Over the next few days more people commented on my post, all so supportive. I feel so blessed to have commonality with these wonderful people…it’s the best group on FB! Here is the last of the postings…“So very beautiful. I also believe that when any being chooses you to support their passing, it is a great honor. You provided this beautiful bird a “clearing” a “spirit space” in which to transmute. Thank you. So much love to you!”

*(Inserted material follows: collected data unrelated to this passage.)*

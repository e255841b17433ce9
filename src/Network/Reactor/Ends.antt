-- ===== src/Network/Reactor/Ends.antt =====
-- What is heard of a connection of a `TcpServer` (src/network/tcp_server.cc) that is closed.
use rproxy.Base.{
  ℕ, ◌+◌, Bool, true, false, ◌&&◌, ◌≡◌, refl, some, ◌++◌, if◌then◌else◌, arith, Bool-cases, inl,
  inr,
}
use rproxy.Base.Eq.{nat_eq, same}
use rproxy.Base.Maps.{find, has_key}
use rproxy.Network.Demultiplex.{Demultiplex}
use rproxy.Network.Connection.{TcpConnection}
use rproxy.Network.Server.{TcpServer}
use rproxy.Network.Server.Close.{ending}
use rproxy.Network.Reactor.Heard.{
  watched_from, watched_from-append, adds, ends_with, total, total-append,
}

-- An epoll instance watches a descriptor just where the descriptor has a connection whose channel
-- belongs to that instance, and the descriptor was closed once for each time that it was registered,
-- but for a connection that it has.
pub record IsHeard (owner : ℕ → Demultiplex) (sv : TcpServer) (fd : ℕ) : Type 0 where
  pub watched :
      (dmpfd : ℕ)
      → watched_from dmpfd fd false sv.effects
        ≡ (has_key fd sv.conn_map && same (owner fd).dmpfd dmpfd)
  pub closed :
      total (adds fd) sv.effects
      ≡ total (ends_with fd) sv.effects + (if has_key fd sv.conn_map then 1 else 0)

-- What is heard of a connection that is closed.
watched-ending :
    (d : Demultiplex) (c : TcpConnection) (fd dmpfd j : ℕ) (w : Bool)
    → c.sockfd ≡ fd
    → c.channel.socket ≡ fd
    → watched_from dmpfd j w (ending d c) ≡ (if same fd j then false else w)
unfolding watched_from
watched-ending d c fd dmpfd j w own about = elim (Bool-cases d.notify) [
  | inl told ↦ rw (told, own, about) (ground arith)
  | inr untold ↦ rw (untold, own, about) (ground arith)
]

adds-ending : (d : Demultiplex) (c : TcpConnection) (j : ℕ) → total (adds j) (ending d c) ≡ 0
unfolding total
adds-ending d c j = elim (Bool-cases d.notify) [
  | inl told ↦ rw told (omega arith)
  | inr untold ↦ rw untold (omega arith)
]

ends-ending :
    (d : Demultiplex) (c : TcpConnection) (fd j : ℕ)
    → c.sockfd ≡ fd
    → total (ends_with j) (ending d c) ≡ (if same fd j then 1 else 0)
unfolding total
ends-ending d c fd j own = elim (Bool-cases d.notify) [
  | inl told ↦ rw (told, own) (omega arith)
  | inr untold ↦ rw (untold, own) (omega arith)
]

-- Where neither the effects nor the key change, nothing else is heard.
pub IsHeard-still :
    (owner : ℕ → Demultiplex) (sv sv' : TcpServer) (j : ℕ)
    → sv'.effects ≡ sv.effects
    → has_key j sv'.conn_map ≡ has_key j sv.conn_map
    → IsHeard owner sv j
    → IsHeard owner sv' j
IsHeard-still owner sv sv' j es key v = record {
  watched = λ dmpfd. rw (es, key) (v.watched dmpfd);
  closed = rw (es, key) v.closed;
}

-- The sums, where `one` says whether the descriptor is the one that ends.
balances :
    (a c a' c' : ℕ) (one had has : Bool)
    → a ≡ c + (if had then 1 else 0)
    → a' ≡ a + 0
    → c' ≡ c + (if one then 1 else 0)
    → has ≡ (if one then false else had)
    → (one ≡ true → had ≡ true)
    → a' ≡ c' + (if has then 1 else 0)
balances a c a' c' true had has e ea ec eh of = ground arith
balances a c a' c' false had has e ea ec eh of = ground arith

pub IsHeard-ended :
    (owner : ℕ → Demultiplex) (c : TcpConnection) (fd : ℕ) (sv sv' : TcpServer) (j : ℕ)
    → find fd sv.conn_map ≡ some c
    → c.sockfd ≡ fd
    → c.channel.socket ≡ fd
    → sv'.effects ≡ sv.effects ++ ending (owner fd) c
    → has_key j sv'.conn_map ≡ (if same fd j then false else has_key j sv.conn_map)
    → IsHeard owner sv j
    → IsHeard owner sv' j
unfolding has_key
IsHeard-ended owner c fd sv sv' j known own about es key v = record {
  watched = λ dmpfd.
      rw
        (
          es,
          key,
          watched_from-append dmpfd j false sv.effects (ending (owner fd) c),
          watched-ending (owner fd) c fd dmpfd j (watched_from dmpfd j false sv.effects) own about,
          v.watched dmpfd,
        )
        (ground arith);
  closed =
      balances (total (adds j) sv.effects) (total (ends_with j) sv.effects)
        (total (adds j) sv'.effects) (total (ends_with j) sv'.effects) (same fd j)
        (has_key j sv.conn_map) (has_key j sv'.conn_map) v.closed
        (rw (es, total-append (adds j) sv.effects (ending (owner fd) c), adds-ending (owner fd) c j)
          refl)
        (rw
          (
            es,
            total-append (ends_with j) sv.effects (ending (owner fd) c),
            ends-ending (owner fd) c fd j own,
          )
          refl)
        key (λ h. ground (arith, nat_eq.beq_iff fd j, known));
}
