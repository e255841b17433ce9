-- ===== src/Network/Reactor/Race.antt =====
-- A connection of a `TcpServer` (src/network/tcp_server.cc) that is closed while another thread
-- accepts.
use rproxy.Base.{
  ℕ, suc, ◌+◌, ◌≤◌, true, false, ◌≡◌, refl, ap, Option, none, some, List, [], ◌∷◌, ◌++◌, arith,
  Result, ok, sub_size,
}
use rproxy.Base.Eq.{nat_eq}
use rproxy.Base.Maps.{is_some, find, has_key, emplace, assign, erase, find-emplace, find-erase}
use rproxy.Network.Addr.{InetAddr, to_string}
use rproxy.Network.Demultiplex.{
  Demultiplex, Effect, epoll_add, epoll_del, closes, tell, default_events,
}
use rproxy.Network.Channel.{destroy_ends}
use rproxy.Network.Connection.{TcpConnection}
use rproxy.Network.Connection.Drain.{disconnect_lem}
use rproxy.Network.Server.{
  TcpServer, add_effects, end_connection, update_for_register, remove_connection, update_for_delete,
  dispatch, close_connection,
}
use rproxy.Network.Server.Close.{find_assigned, remove_connection_left}
use rproxy.Network.Server.Steady.{update_for_register_lem}
use rproxy.Network.Reactor.Heard.{ends_with, total, total-append}
use rproxy.Pubsub.Center.{account}
use rproxy.Pubsub.Event.{dmp_delete, dmp_register, delete_ctx, register_ctx}

-- `disconnect` has marked the connection, and its channel has left.
abbrev pub marked : ℕ → TcpConnection → TcpServer → TcpServer
marked fd c sv = record sv {
  conn_map =
      assign fd (record c { connected = false; channel = record c.channel { left = true } })
        sv.conn_map;
}

module _ (dmp : ℕ → Demultiplex) (peer : ℕ → InetAddr) (write : ℕ → List ℕ → Option ℕ) where
  -- The notification of `leave`, and what `updateForWait` does after it.
  abbrev pub first_part : ℕ → TcpConnection → TcpServer → Result TcpServer
  first_part fd c sv =
      update_for_delete dmp peer write (record { event_type = dmp_delete; body = delete_ctx fd })
        (marked fd c sv)

  abbrev pub last_part : ℕ → TcpServer → Result TcpServer
  last_part fd sv =
      remove_connection dmp peer write fd (add_effects (epoll_del (dmp fd).dmpfd fd ∷ []) sv)

  -- Another thread accepts a client with the descriptor.
  abbrev pub accept_part : ℕ → TcpServer → Result TcpServer
  accept_part fd sv =
      update_for_register dmp peer write
        (record {
          event_type = dmp_register;
          body = register_ctx fd default_events (some (dmp fd).id);
        })
        sv

  -- The two parts are the call; and where a client is accepted between them, the second part ends its
  -- connection, and the descriptor has been closed at least twice.
  abbrev pub EndsNext : ℕ → TcpConnection → TcpServer → Type 0
  EndsNext fd c sv =
      (sv₁ : TcpServer) × (sv₂ : TcpServer) × (sv₃ : TcpServer) × (first_part fd c sv ≡ ok sv₁)
      × (close_connection dmp peer write fd c sv ≡ last_part fd sv₁)
      × (accept_part fd sv₁ ≡ ok sv₂)
      × (has_key fd sv₂.conn_map ≡ true)
      × (last_part fd (add_effects (epoll_add (dmp fd).dmpfd fd default_events ∷ []) sv₂) ≡ ok sv₃)
      × (find fd sv₃.conn_map ≡ none)
      × (2 + total (ends_with fd) sv.effects ≤ total (ends_with fd) sv₃.effects)

  -- A connection that is there ends when it is removed.
  remove_known :
      (fd : ℕ) (c : TcpConnection) (sv : TcpServer)
      → find fd sv.conn_map ≡ some c
      → c.sockfd ≡ fd
      → (es : List Effect) × (remove_connection dmp peer write fd sv
          ≡ ok (record sv {
            total_conn = sub_size sv.total_conn 1;
            conn_map = erase fd sv.conn_map;
            effects = sv.effects ++ (closes fd ∷ es);
          }))
  unfolding remove_connection end_connection
  remove_known fd c sv known own =
      let (es, run) = destroy_ends (dmp fd) c.channel in
      (es, rw (remove_connection, known, run, own) refl)

  closes_once :
      (fd n : ℕ) (rest : List Effect)
      → n ≡ fd
      → total (ends_with fd) (closes n ∷ rest) ≡ suc (total (ends_with fd) rest)
  unfolding total
  closes_once fd n rest h = ground (arith, nat_eq.beq_iff n fd)

  split_lem :
      (c : TcpConnection) (sv sv₁ : TcpServer)
      → (dmp c.channel.socket).notify ≡ true
      → first_part c.channel.socket c sv ≡ ok sv₁
      → close_connection dmp peer write c.channel.socket c sv ≡ last_part c.channel.socket sv₁
  unfolding close_connection dispatch tell
  split_lem c sv sv₁ told first = rw (disconnect_lem (dmp c.channel.socket) c, told, first) refl

  -- A connection under its own descriptor hangs up, and its demultiplexer notifies. Its call is two
  -- parts: the notification, which ends the connection and so closes the descriptor, and then the
  -- request that the epoll instance drops it and a second removal. Where another thread accepts a
  -- client with the same number between the two, for the same demultiplexer, the second part ends the
  -- connection of that client: it is gone from the map, and the number has been closed at least twice.
  pub close_connection-EndsNext :
      (c : TcpConnection) (sv : TcpServer)
      → find c.channel.socket sv.conn_map ≡ some c
      → c.sockfd ≡ c.channel.socket
      → (dmp c.channel.socket).notify ≡ true
      → EndsNext c.channel.socket c sv
  unfolding update_for_delete total has_key
  close_connection-EndsNext c sv known own told =
      let (e, accepted, steady) =
        update_for_register_lem dmp peer write fd default_events (some (dmp fd).id) dmp_register sv₁
          (ap is_some gone) in
      let sv₂ : TcpServer = record sv₁ {
        conn_map = emplace fd e sv₁.conn_map;
        center = account (to_string (peer fd)) 0 sv₁.center;
      } in
      let next : find fd sv₂.conn_map ≡ some e =
        ground (arith, find-emplace fd fd e sv₁.conn_map, nat_eq.beq_iff fd fd, gone) in
      let added = add_effects (epoll_add (dmp fd).dmpfd fd default_events ∷ []) sv₂ in
      let dropped = add_effects (epoll_del (dmp fd).dmpfd fd ∷ []) added in
      let (es, removed) = remove_known fd e dropped next steady.0 in
      (
        sv₁,
        sv₂,
        record dropped {
          total_conn = sub_size dropped.total_conn 1;
          conn_map = erase fd dropped.conn_map;
          effects = dropped.effects ++ (closes fd ∷ es);
        },
        first,
        split_lem c sv sv₁ told first,
        accepted,
        ap is_some next,
        removed,
        ground (arith, nat_eq.beq_iff fd fd, find-erase fd fd dropped.conn_map),
        counts es (epoll_add (dmp fd).dmpfd fd default_events) (epoll_del (dmp fd).dmpfd fd),
      )
    where
      fd : ℕ
      fd = c.channel.socket

      sv₁ : TcpServer
      sv₁ = record (marked fd c sv) {
        total_conn = sub_size sv.total_conn 1;
        conn_map = erase fd (marked fd c sv).conn_map;
        effects = sv.effects ++ (closes c.sockfd ∷ []);
      }

      first : first_part fd c sv ≡ ok sv₁
      first =
          remove_connection_left dmp peer write fd
            (record c { connected = false; channel = record c.channel { left = true } })
            (marked fd c sv) (find_assigned dmp peer write fd _ sv.conn_map (ap is_some known)) refl

      gone : find fd sv₁.conn_map ≡ none
      gone = ground (arith, nat_eq.beq_iff fd fd, find-erase fd fd (marked fd c sv).conn_map)

      -- What is requested in between does not matter.
      counts :
          (es : List Effect) (added dropped : Effect)
          → 2 + total (ends_with fd) sv.effects
            ≤ total (ends_with fd) (
                ((sv.effects ++ (closes c.sockfd ∷ [])) ++ (added ∷ []) ++ (dropped ∷ []))
                ++ (closes fd ∷ es))
      counts es added dropped =
          let before = sv.effects ++ (closes c.sockfd ∷ []) in
          omega (
            arith,
            total-append (ends_with fd) ((before ++ (added ∷ [])) ++ (dropped ∷ []))
                (closes fd ∷ es),
            total-append (ends_with fd) (before ++ (added ∷ [])) (dropped ∷ []),
            total-append (ends_with fd) before (added ∷ []),
            total-append (ends_with fd) sv.effects (closes c.sockfd ∷ []),
            closes_once fd c.sockfd [] own,
            closes_once fd fd es refl,
          )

There was another message from a group member that was particularly special on a different level. Val sent me a private message saying she had some hawk feathers that she would like to send me and needed my address. (It had come up in the post that I didn’t have any and feathers are often used in space clearings) I noticed that Val lived in Ontario and checked out where her town was. OMG! It turns out she lives less than two hours from Round Lake where my family has cottages. I’ve spent many summers at the lake with my mother and siblings as well as my grandmother, great-aunt, aunts, uncles, and cousins. And that’s not all…Val has been to Round Lake several times. I just LOVE synchronicity!
About a week later I received in the mail: 1 wild turkey, 1 raven and 3 hawk feathers from Val. Next time I go up to Round Lake (hopefully this August, but that depends on when my grand-daughter decides to arrive) the plan is for me to stop, meet and visit with Val. How wonderful is that!
As with any of my posts, only you can decide what message this true story has for you. Share if you’d like.
I know what it is for me.
P.S. My hawk sightings have increased since March. Many being up close and very personal. Each time I say…”sweet blessings to you my medicine friend”.